• Data
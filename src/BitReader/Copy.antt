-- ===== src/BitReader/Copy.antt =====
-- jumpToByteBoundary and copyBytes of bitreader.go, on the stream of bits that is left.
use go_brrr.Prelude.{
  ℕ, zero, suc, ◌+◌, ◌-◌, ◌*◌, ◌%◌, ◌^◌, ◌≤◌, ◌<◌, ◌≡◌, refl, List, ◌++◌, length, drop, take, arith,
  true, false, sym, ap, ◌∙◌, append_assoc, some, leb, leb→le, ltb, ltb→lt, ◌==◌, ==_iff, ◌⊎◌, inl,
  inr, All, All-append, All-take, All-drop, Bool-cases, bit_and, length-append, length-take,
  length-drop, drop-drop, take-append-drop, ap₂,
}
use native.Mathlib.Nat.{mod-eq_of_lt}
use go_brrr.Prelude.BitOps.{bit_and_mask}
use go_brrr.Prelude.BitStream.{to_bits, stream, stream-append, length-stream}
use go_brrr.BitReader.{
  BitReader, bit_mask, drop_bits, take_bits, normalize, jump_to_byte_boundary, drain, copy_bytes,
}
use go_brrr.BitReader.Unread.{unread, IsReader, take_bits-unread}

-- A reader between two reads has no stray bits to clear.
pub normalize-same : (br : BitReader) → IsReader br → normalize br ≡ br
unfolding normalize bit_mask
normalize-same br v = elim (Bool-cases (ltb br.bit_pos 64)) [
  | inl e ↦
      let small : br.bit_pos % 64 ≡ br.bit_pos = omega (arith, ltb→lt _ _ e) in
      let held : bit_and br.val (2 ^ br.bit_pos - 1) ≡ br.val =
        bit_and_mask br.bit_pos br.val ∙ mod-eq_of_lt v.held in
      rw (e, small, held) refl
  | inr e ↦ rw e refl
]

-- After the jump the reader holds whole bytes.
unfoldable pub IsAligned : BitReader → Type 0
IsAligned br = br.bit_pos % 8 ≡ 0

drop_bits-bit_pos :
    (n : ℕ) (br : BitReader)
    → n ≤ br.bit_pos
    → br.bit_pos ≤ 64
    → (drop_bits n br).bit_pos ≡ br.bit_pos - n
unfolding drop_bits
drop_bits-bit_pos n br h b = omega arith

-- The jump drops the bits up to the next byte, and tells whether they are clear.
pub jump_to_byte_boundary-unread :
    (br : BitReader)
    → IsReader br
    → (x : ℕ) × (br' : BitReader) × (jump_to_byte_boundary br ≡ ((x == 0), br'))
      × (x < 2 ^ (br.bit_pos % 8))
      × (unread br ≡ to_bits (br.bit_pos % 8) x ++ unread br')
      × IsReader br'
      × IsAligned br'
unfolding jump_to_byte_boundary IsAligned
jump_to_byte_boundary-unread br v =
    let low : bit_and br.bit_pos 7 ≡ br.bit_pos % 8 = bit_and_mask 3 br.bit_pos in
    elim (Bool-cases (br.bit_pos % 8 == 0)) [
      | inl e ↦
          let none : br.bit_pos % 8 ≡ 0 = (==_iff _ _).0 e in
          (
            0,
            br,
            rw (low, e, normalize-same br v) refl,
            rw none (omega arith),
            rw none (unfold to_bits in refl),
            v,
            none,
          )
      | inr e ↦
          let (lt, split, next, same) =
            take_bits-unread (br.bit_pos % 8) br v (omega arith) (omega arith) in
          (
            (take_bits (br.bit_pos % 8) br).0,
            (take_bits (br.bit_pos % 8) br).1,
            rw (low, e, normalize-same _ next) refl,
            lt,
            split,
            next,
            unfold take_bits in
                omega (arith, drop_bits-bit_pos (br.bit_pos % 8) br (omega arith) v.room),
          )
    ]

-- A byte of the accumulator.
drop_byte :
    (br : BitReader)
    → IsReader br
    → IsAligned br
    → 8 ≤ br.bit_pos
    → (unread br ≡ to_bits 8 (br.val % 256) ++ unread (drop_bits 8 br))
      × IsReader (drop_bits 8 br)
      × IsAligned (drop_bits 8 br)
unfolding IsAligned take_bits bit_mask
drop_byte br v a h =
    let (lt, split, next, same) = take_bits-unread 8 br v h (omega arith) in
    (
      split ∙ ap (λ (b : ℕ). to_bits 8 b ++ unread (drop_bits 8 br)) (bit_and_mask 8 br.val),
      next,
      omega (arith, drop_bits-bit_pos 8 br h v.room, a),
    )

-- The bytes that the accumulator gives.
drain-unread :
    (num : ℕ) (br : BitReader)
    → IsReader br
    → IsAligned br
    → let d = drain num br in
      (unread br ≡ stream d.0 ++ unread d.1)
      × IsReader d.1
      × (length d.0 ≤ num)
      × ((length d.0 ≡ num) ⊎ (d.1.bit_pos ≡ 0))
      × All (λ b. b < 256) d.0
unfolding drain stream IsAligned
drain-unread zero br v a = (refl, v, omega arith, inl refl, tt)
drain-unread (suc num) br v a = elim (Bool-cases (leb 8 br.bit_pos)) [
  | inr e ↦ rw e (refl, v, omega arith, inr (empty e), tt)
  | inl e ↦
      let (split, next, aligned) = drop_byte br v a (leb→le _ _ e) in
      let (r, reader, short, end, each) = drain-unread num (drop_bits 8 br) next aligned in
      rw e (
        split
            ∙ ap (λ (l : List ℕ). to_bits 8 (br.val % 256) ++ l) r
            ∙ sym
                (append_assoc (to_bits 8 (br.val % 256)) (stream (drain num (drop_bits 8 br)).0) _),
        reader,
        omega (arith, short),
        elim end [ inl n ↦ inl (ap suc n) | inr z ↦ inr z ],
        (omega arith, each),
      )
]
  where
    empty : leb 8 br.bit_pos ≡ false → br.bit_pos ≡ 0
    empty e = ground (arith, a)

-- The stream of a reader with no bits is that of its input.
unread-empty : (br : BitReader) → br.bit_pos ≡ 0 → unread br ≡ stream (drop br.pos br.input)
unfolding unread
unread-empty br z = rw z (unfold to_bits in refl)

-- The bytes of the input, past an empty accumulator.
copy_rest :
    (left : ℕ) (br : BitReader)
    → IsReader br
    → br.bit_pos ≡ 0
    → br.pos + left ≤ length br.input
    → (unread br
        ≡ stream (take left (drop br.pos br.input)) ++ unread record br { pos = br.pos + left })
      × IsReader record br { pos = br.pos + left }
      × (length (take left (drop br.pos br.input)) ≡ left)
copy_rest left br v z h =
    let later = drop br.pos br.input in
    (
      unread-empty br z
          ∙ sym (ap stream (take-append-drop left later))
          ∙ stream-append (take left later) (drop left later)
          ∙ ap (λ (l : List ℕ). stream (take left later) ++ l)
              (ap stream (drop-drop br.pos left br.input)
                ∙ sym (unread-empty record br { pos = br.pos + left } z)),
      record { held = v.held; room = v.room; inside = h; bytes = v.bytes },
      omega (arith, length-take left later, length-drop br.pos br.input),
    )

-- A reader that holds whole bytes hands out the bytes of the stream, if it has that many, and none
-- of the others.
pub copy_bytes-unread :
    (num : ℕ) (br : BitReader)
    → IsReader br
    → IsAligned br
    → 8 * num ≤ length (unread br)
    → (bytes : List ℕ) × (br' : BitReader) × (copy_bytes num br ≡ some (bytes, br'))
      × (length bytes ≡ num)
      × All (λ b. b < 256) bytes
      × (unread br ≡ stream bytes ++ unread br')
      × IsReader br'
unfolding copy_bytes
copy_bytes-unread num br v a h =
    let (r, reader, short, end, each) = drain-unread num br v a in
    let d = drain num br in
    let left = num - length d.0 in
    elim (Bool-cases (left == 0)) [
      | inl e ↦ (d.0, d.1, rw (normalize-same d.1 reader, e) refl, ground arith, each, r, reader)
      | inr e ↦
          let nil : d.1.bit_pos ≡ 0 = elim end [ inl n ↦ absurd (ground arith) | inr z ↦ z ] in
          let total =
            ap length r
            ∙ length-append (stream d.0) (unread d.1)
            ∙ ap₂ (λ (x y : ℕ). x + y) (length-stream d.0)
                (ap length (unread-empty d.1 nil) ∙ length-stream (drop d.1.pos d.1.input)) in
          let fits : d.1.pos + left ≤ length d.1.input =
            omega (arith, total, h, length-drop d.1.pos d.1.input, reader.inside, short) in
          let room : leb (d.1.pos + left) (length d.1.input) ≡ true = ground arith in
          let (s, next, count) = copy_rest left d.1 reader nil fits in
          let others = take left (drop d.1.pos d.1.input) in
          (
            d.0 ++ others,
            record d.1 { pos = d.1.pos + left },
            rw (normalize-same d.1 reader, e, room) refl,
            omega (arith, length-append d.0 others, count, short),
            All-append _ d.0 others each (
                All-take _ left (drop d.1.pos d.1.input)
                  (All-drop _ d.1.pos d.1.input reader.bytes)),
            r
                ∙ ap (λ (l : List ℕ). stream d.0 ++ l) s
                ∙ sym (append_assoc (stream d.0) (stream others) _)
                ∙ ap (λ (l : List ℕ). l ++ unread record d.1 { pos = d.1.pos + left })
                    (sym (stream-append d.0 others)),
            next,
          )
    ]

• The problem
Show each line of the records above containing "none".

• Response
          let none : br.bit_pos % 8 ≡ 0 = (==_iff _ _).0 e in
            rw none (omega arith),
            rw none (unfold to_bits in refl),
            none,
-- A reader that holds whole bytes hands out the bytes of the stream, if it has that many, and none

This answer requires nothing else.